YOUR OBJECTIVE
Copy out each line below that has the word "ProviderInstance" in it.

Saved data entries

:::

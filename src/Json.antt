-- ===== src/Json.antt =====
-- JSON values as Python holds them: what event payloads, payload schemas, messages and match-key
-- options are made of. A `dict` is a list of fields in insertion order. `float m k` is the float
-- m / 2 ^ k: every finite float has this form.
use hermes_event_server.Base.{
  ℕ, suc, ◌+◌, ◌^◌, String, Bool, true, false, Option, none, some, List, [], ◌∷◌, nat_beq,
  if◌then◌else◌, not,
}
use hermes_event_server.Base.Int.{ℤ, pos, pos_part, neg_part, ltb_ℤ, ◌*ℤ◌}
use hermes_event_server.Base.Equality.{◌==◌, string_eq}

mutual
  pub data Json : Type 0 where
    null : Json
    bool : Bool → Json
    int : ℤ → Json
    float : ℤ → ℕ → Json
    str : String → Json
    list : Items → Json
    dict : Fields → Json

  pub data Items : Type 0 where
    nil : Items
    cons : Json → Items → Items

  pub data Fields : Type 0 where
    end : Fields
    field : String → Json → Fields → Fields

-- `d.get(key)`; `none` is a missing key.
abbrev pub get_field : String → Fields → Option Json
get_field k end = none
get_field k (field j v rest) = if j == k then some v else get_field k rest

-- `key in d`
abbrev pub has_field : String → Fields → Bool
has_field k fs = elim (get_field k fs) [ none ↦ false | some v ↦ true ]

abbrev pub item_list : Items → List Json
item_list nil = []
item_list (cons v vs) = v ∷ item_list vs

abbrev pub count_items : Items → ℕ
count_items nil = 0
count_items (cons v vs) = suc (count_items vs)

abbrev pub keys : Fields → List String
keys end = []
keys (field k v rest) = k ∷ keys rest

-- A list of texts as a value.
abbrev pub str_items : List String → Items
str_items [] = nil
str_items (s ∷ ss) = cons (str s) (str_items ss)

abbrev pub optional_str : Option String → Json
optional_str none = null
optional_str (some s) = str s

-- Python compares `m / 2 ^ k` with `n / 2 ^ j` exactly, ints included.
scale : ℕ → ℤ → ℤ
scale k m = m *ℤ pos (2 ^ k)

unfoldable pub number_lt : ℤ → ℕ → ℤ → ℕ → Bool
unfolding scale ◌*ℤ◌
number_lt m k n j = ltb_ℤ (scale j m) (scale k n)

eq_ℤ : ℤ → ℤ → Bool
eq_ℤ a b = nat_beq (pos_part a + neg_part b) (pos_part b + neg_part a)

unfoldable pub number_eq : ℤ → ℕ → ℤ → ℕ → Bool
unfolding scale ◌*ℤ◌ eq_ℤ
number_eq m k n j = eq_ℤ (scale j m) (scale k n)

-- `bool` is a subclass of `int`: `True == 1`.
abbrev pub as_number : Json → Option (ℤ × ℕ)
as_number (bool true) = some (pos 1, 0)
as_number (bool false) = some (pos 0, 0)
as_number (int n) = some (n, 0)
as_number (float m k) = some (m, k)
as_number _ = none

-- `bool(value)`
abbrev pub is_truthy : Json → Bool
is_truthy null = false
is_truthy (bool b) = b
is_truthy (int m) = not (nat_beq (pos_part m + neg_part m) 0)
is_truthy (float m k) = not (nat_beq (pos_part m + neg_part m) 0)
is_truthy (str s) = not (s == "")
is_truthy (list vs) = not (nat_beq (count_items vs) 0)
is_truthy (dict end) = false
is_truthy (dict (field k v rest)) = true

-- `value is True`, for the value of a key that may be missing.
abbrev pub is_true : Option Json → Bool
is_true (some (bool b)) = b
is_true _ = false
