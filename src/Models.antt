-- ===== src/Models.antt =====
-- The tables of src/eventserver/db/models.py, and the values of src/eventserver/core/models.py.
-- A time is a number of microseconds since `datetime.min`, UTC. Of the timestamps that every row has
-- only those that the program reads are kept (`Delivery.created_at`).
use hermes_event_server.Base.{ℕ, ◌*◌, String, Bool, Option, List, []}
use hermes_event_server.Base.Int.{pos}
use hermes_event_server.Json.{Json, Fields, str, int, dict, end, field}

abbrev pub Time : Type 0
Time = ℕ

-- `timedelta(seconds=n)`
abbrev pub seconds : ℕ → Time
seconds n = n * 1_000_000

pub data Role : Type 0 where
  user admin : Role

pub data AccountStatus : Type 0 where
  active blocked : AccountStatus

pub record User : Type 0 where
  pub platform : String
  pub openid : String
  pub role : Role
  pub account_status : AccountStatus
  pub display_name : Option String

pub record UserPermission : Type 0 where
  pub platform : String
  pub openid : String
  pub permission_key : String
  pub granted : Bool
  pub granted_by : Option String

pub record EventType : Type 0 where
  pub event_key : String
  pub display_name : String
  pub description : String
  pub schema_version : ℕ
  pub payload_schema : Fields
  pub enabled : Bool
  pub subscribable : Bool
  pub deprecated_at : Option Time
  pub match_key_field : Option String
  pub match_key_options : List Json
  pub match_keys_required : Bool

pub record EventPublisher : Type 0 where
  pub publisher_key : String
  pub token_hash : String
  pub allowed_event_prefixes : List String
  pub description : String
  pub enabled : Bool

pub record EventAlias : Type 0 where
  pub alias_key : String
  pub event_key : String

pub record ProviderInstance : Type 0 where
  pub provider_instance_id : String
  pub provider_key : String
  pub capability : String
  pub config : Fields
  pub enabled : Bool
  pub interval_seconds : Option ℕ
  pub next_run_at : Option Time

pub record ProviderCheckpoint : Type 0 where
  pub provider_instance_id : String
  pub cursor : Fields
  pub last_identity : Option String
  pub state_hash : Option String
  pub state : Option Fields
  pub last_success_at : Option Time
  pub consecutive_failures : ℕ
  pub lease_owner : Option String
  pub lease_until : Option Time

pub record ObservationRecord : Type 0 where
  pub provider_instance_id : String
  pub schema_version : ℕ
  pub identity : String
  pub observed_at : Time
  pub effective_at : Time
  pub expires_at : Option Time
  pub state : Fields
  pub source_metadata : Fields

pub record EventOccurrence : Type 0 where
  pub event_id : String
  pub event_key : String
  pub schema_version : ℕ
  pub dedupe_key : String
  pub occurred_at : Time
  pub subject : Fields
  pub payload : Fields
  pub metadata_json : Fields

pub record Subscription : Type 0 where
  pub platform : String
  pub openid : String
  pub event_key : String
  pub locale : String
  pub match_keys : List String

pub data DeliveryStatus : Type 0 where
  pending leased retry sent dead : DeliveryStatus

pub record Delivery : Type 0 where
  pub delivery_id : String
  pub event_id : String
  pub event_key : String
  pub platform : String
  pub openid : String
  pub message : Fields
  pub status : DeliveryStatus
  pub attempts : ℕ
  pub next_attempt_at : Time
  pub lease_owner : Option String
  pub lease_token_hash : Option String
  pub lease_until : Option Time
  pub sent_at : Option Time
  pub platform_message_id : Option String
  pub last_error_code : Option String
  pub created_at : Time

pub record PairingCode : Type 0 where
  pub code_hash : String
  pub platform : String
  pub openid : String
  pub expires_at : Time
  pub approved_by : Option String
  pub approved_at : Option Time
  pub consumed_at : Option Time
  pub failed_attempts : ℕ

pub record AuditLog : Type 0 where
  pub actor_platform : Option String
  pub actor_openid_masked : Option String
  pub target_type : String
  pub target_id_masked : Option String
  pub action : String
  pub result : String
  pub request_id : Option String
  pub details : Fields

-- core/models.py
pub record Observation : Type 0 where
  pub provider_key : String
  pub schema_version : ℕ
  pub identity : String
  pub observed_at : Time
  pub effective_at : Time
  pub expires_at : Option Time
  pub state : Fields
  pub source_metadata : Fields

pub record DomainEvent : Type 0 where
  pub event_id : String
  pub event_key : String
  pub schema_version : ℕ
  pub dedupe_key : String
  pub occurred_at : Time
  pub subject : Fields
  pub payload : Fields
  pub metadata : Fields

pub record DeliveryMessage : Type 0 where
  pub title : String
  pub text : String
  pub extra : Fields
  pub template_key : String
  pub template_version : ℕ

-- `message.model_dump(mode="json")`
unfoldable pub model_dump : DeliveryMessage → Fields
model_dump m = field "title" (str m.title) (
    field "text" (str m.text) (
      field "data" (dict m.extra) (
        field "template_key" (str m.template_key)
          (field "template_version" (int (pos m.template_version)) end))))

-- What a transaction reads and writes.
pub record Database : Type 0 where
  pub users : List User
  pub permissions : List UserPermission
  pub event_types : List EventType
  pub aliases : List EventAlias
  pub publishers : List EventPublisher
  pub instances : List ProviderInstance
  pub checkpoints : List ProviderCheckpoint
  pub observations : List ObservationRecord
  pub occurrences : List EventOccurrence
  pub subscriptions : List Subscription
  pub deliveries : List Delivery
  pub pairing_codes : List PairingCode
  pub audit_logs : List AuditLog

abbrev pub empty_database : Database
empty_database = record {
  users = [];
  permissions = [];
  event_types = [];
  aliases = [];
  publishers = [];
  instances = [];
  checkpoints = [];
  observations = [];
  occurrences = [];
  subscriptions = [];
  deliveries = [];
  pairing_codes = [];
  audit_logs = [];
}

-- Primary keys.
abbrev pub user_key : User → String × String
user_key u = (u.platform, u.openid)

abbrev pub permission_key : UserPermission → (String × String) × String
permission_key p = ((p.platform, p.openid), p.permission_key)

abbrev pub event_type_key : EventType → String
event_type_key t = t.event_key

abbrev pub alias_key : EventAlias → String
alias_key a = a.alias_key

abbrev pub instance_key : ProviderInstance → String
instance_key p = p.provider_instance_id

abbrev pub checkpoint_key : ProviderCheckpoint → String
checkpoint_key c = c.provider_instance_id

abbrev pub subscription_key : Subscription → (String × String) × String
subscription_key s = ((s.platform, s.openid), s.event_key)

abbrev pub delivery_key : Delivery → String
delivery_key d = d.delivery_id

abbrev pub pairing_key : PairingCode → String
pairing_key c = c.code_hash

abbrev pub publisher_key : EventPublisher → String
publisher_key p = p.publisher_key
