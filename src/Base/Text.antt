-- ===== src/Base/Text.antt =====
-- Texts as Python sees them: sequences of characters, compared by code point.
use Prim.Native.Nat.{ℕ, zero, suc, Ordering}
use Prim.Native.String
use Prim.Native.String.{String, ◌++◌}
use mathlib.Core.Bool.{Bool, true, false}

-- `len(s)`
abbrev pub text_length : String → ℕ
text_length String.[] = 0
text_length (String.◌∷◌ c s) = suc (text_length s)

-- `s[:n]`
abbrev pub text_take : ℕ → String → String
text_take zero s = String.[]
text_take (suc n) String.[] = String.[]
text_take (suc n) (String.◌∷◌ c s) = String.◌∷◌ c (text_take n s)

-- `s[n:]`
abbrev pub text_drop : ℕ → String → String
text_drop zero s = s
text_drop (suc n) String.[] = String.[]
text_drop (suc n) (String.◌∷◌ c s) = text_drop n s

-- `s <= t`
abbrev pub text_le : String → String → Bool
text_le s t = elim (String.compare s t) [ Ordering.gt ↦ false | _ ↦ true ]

:::

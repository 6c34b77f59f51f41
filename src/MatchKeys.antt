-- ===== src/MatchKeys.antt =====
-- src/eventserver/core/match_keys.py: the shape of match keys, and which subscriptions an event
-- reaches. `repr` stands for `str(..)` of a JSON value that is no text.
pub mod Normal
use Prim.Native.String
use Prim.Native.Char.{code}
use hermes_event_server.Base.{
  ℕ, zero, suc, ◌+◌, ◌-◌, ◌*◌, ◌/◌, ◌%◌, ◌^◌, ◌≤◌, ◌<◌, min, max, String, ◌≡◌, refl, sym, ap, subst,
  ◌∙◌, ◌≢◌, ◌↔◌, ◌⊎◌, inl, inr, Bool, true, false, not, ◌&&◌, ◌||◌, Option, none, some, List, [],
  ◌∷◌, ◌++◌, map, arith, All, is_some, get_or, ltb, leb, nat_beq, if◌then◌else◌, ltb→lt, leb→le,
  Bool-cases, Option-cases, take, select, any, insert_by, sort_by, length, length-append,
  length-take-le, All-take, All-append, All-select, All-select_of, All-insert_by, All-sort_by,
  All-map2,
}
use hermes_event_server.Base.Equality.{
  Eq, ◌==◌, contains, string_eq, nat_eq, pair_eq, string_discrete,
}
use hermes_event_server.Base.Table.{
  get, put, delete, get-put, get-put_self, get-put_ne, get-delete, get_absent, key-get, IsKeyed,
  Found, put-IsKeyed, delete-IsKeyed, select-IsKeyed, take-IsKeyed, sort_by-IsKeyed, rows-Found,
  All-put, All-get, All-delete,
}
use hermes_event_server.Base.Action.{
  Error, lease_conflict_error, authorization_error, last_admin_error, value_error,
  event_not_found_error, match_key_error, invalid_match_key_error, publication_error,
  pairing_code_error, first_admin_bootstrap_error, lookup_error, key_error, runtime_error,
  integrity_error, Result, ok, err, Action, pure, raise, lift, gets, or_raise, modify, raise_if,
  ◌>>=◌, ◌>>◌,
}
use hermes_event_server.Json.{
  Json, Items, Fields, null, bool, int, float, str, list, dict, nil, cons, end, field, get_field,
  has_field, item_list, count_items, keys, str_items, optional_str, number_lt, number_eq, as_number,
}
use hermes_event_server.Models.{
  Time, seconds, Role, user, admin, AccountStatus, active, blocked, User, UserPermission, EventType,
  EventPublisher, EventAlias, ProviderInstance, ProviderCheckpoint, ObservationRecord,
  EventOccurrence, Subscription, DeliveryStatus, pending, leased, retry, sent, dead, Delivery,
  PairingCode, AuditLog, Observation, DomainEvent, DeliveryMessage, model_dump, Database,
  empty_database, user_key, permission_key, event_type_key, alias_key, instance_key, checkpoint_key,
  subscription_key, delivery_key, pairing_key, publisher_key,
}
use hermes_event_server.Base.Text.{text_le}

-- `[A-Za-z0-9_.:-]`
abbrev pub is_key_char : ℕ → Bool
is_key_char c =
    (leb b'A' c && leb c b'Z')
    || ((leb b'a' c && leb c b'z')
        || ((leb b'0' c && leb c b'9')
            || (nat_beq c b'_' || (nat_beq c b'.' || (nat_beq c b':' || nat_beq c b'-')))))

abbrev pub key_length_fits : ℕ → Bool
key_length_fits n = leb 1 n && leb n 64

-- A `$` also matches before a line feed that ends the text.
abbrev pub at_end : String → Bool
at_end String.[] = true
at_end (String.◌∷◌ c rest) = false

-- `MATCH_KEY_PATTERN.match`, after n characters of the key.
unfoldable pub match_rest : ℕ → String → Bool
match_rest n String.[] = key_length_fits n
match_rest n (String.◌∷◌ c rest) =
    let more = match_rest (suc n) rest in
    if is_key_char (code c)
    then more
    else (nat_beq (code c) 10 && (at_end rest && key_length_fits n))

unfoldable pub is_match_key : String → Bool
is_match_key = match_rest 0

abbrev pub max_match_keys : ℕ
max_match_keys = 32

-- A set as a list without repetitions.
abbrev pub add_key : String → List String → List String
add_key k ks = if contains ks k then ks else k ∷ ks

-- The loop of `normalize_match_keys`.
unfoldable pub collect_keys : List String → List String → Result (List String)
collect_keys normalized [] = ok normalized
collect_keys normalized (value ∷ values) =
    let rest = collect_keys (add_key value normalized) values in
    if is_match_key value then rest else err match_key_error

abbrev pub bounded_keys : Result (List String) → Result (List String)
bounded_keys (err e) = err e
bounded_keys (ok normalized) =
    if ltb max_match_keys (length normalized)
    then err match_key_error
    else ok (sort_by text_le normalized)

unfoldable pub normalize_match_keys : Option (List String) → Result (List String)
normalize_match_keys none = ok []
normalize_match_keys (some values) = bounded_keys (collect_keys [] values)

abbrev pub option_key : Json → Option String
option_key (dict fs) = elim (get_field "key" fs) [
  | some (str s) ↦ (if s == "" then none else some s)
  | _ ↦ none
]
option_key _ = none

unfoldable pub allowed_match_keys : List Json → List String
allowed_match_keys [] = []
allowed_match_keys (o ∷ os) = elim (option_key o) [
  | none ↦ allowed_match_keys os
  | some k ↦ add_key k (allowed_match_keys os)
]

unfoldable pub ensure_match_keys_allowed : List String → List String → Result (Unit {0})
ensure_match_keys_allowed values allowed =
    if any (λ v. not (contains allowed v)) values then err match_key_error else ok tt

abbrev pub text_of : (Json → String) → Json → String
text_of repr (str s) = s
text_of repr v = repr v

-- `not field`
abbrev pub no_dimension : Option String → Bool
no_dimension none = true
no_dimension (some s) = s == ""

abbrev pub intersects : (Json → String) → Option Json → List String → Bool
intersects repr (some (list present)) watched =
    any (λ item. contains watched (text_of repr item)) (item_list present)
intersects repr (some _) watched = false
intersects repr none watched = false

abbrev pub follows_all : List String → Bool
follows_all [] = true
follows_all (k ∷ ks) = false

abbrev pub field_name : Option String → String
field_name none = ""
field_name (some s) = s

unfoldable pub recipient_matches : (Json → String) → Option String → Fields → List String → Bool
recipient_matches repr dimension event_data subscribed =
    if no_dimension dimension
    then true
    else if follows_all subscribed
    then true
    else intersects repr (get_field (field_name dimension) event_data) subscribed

:::

SOLUTION TO THIS TASK
pub record ProviderInstance : Type 0 where
  pub instances : List ProviderInstance
abbrev pub instance_key : ProviderInstance → String
  EventPublisher, EventAlias, ProviderInstance, ProviderCheckpoint, ObservationRecord,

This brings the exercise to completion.